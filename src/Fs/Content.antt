-- ===== src/Fs/Content.antt =====
-- The contents of files in src/fs.c: bmap, itrunc, iput, stati, readi and writei.
use pinky_os.Prelude.{
  ℕ, zero, suc, ◌+◌, ◌-◌, ◌*◌, ◌/◌, ◌%◌, ◌^◌, min, true, false, ◌&&◌, ◌||◌, Option, none, some,
  List, [], ◌∷◌, ◌++◌, ltb, leb, ◌==◌, if◌then◌else◌, length, get_or, set, take,
}
use pinky_os.Outcome.{Outcome, ok, panic, ◌>>=◌}
use pinky_os.Ide.{Block}
use pinky_os.Ints.{int_at, set_int}
use pinky_os.Fs.{
  Inode, Fs, put_inode, read_block, release_block, log_block, data_of, put_data, balloc, bfree,
}
use pinky_os.Fs.Icache.{ndirect, words_at, iupdate, iunlock}

-- NINDIRECT
abbrev pub nindirect : ℕ
nindirect = 128

abbrev pub set_addr : Fs → (ip bn addr : ℕ) → Fs
set_addr fs ip bn addr =
    put_inode fs ip (record (fs.inode ip) { addrs = set (fs.inode ip).addrs bn addr })

-- `if ((addr = ip->addrs[bn]) == 0) ip->addrs[bn] = addr = balloc(ip->dev)`
unfoldable pub addr_or_new : Fs → (ip bn : ℕ) → Outcome (ℕ × Fs)
addr_or_new fs ip bn =
    let addr = get_or (fs.inode ip).addrs bn 0 in
    if addr == 0
    then (balloc fs (fs.inode ip).dev >>= λ (new, fs). ok (new, set_addr fs ip bn new))
    else ok (addr, fs)

-- The block's number in the indirect block that is held in `buf`.
unfoldable pub indirect_or_new : Fs → (ip buf bn : ℕ) → Outcome (ℕ × Fs)
indirect_or_new fs ip i bn =
    let addr = int_at (data_of fs i) bn in
    if addr == 0
    then (do
      (new, fs) ← balloc fs (fs.inode ip).dev
      fs ← log_block (put_data fs i (set_int (data_of fs i) bn new)) i
      ok (new, fs))
    else ok (addr, fs)

unfoldable pub bmap : Fs → (ip bn : ℕ) → Outcome (ℕ × Fs)
unfolding addr_or_new indirect_or_new
bmap fs ip bn =
    if ltb bn ndirect
    then addr_or_new fs ip bn
    else if ltb (bn - ndirect) nindirect
    then (do
      (addr, fs) ← addr_or_new fs ip ndirect
      (i, fs) ← read_block fs (fs.inode ip).dev addr
      (found, fs) ← indirect_or_new fs ip i (bn - ndirect)
      fs ← release_block fs i
      ok (found, fs))
    else panic "bmap: out of range"

-- The first loop of `itrunc`, at the n direct blocks from i on.
unfoldable pub free_direct : Fs → (ip i n : ℕ) → Outcome Fs
free_direct fs ip i zero = ok fs
free_direct fs ip i (suc n) =
    let addr = get_or (fs.inode ip).addrs i 0 in
    if addr == 0
    then free_direct fs ip (i + 1) n
    else bfree fs (fs.inode ip).dev addr >>= λ fs. free_direct (set_addr fs ip i 0) ip (i + 1) n

-- Its second loop, over the numbers in the indirect block.
unfoldable pub free_blocks : Fs → (dev : ℕ) → List ℕ → Outcome Fs
free_blocks fs dev [] = ok fs
free_blocks fs dev (a ∷ addrs) =
    if a == 0 then free_blocks fs dev addrs else bfree fs dev a >>= λ fs. free_blocks fs dev addrs

unfoldable pub free_indirect : Fs → (ip : ℕ) → Outcome Fs
unfolding free_blocks words_at
free_indirect fs ip =
    let addr = get_or (fs.inode ip).addrs ndirect 0 in
    if addr == 0 then ok fs else (do
      (i, fs) ← read_block fs (fs.inode ip).dev addr
      fs ← free_blocks fs (fs.inode ip).dev (words_at (data_of fs i) 0 nindirect)
      fs ← release_block fs i
      fs ← bfree fs (fs.inode ip).dev addr
      ok (set_addr fs ip ndirect 0))

unfoldable pub itrunc : Fs → (ip : ℕ) → Outcome Fs
unfolding free_direct free_indirect
itrunc fs ip = do
  fs ← free_direct fs ip 0 ndirect
  fs ← free_indirect fs ip
  iupdate (put_inode fs ip (record (fs.inode ip) { size = 0 })) ip

-- `ip->ref--`, of an `int`.
abbrev pub drop_ref : Fs → (ip : ℕ) → Fs
drop_ref fs ip = put_inode fs ip (record (fs.inode ip) { ref = (fs.inode ip).ref - 1 })

-- `iput`, of an inode that has a reference.
unfoldable pub iput : Fs → (ip : ℕ) → Outcome Fs
iput fs ip =
    let p = fs.inode ip in
    if p.ref == 1 && p.valid && p.nlink == 0
    then if p.busy then panic "iput busy" else (do
      fs ← itrunc (put_inode fs ip (record p { busy = true })) ip
      fs ← iupdate (put_inode fs ip (record (fs.inode ip) { kind = 0 })) ip
      ok (drop_ref (put_inode fs ip (record (fs.inode ip) { busy = false; valid = false })) ip))
    else ok (drop_ref fs ip)

unfoldable pub iunlockput : Fs → (ip : ℕ) → Outcome Fs
iunlockput fs ip = do fs ← iunlock fs ip; iput fs ip

-- `struct stat`
pub record Stat : Type 0 where
  pub kind : ℕ  -- `type`
  pub dev : ℕ
  pub ino : ℕ
  pub nlink : ℕ
  pub size : ℕ

abbrev pub stati : Inode → Stat
stati ip = record { kind = ip.kind; dev = ip.dev; ino = ip.inum; nlink = ip.nlink; size = ip.size }

abbrev pub drop : ℕ → List ℕ → List ℕ
drop zero xs = xs
drop (suc n) [] = []
drop (suc n) (x ∷ xs) = drop n xs

-- T_DEV and NDEV
abbrev pub t_dev : ℕ
t_dev = 3

abbrev pub ndev : ℕ
ndev = 10

-- `devsw`: the functions that drivers have set, given the inode and n, or the bytes.
pub record Devices : Type 0 where
  pub reads : ℕ → Option (Fs → (ip n : ℕ) → Outcome (Option (List ℕ) × Fs))
  pub writes : ℕ → Option (Fs → (ip : ℕ) → List ℕ → Outcome (Option ℕ × Fs))

-- The blocks that n bytes from an offset on lie in.
abbrev pub blocks : (off n : ℕ) → ℕ
blocks off n = if n == 0 then 0 else (off % 512 + n + 511) / 512

-- How many of n bytes are in the block of the offset.
abbrev pub chunk : (off n : ℕ) → ℕ
chunk off n = min n (512 - off % 512)

-- The loop of `readi` in r rounds: the n bytes from an offset on.
unfoldable pub read_from : Fs → (ip off n r : ℕ) → Outcome (List ℕ × Fs)
read_from fs ip off n zero = ok ([], fs)
read_from fs ip off n (suc r) = do
  (addr, fs) ← bmap fs ip (off / 512)
  (i, fs) ← read_block fs (fs.inode ip).dev addr
  let bytes = take (chunk off n) (drop (off % 512) (data_of fs i))
  fs ← release_block fs i
  (rest, fs) ← read_from fs ip (off + chunk off n) (n - chunk off n) r
  ok (bytes ++ rest, fs)

-- `readi`: the bytes, or none for -1.
unfoldable pub readi : Devices → Fs → (ip off n : ℕ) → Outcome (Option (List ℕ) × Fs)
unfolding read_from
readi devices fs ip off n =
    let size = (fs.inode ip).size in
    if (fs.inode ip).kind == t_dev
    then if leb ndev (fs.inode ip).major
      then ok (none, fs)
      else elim (devices.reads (fs.inode ip).major) [
        | none ↦ ok (none, fs)
        | some read ↦ read fs ip n
      ]
    else if ltb size off || ltb ((off + n) % 2 ^ 32) off
    then ok (none, fs)
    else let n = if ltb size (off + n) then size - off else n in
      read_from fs ip off n (blocks off n) >>= λ (bytes, fs). ok (some bytes, fs)

-- `memmove` of bytes into a block from a place on.
abbrev pub splice : (at : ℕ) → List ℕ → Block → Block
splice at [] b = b
splice at (x ∷ xs) b = splice (at + 1) xs (set b at x)

-- The loop of `writei` in r rounds.
unfoldable pub write_from : Fs → (ip off : ℕ) → List ℕ → (r : ℕ) → Outcome Fs
write_from fs ip off src zero = ok fs
write_from fs ip off src (suc r) = do
  let m = chunk off (length src)
  (addr, fs) ← bmap fs ip (off / 512)
  (i, fs) ← read_block fs (fs.inode ip).dev addr
  fs ← log_block (put_data fs i (splice (off % 512) (take m src) (data_of fs i))) i
  fs ← release_block fs i
  write_from fs ip (off + m) (drop m src) r

-- The end of `writei`: the file may have grown.
unfoldable pub grow : Fs → (ip off n : ℕ) → Outcome Fs
grow fs ip off n =
    if ltb 0 n && ltb (fs.inode ip).size off
    then iupdate (put_inode fs ip (record (fs.inode ip) { size = off })) ip
    else ok fs

-- `writei`: n, or none for -1.
unfoldable pub writei : Devices → Fs → (ip : ℕ) → List ℕ → (off : ℕ) → Outcome (Option ℕ × Fs)
unfolding write_from grow
writei devices fs ip src off =
    let n = length src in
    if (fs.inode ip).kind == t_dev
    then if leb ndev (fs.inode ip).major
      then ok (none, fs)
      else elim (devices.writes (fs.inode ip).major) [
        | none ↦ ok (none, fs)
        | some write ↦ write fs ip src
      ]
    else if ltb (fs.inode ip).size off || ltb ((off + n) % 2 ^ 32) off
    then ok (none, fs)
    else if ltb ((ndirect + nindirect) * 512) (off + n)
    then ok (none, fs)
    else (do
      fs ← write_from fs ip off src (blocks off n)
      fs ← grow fs ip (off + n) n
      ok (some n, fs))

*PROBLEM DESCRIPTION*
Please copy the lines in the records above between the one holding "-- T_DEV and NDEV" and the one holding "abbrev pub blocks : (off n : ℕ) → ℕ", inclusive, exactly and with no other line.

*RESPONSE TO THE EXERCISE*
-- T_DEV and NDEV
abbrev pub t_dev : ℕ
t_dev = 3

abbrev pub ndev : ℕ
ndev = 10

-- `devsw`: the functions that drivers have set, given the inode and n, or the bytes.
pub record Devices : Type 0 where
  pub reads : ℕ → Option (Fs → (ip n : ℕ) → Outcome (Option (List ℕ) × Fs))
  pub writes : ℕ → Option (Fs → (ip : ℕ) → List ℕ → Outcome (Option ℕ × Fs))

-- The blocks that n bytes from an offset on lie in.
abbrev pub blocks : (off n : ℕ) → ℕ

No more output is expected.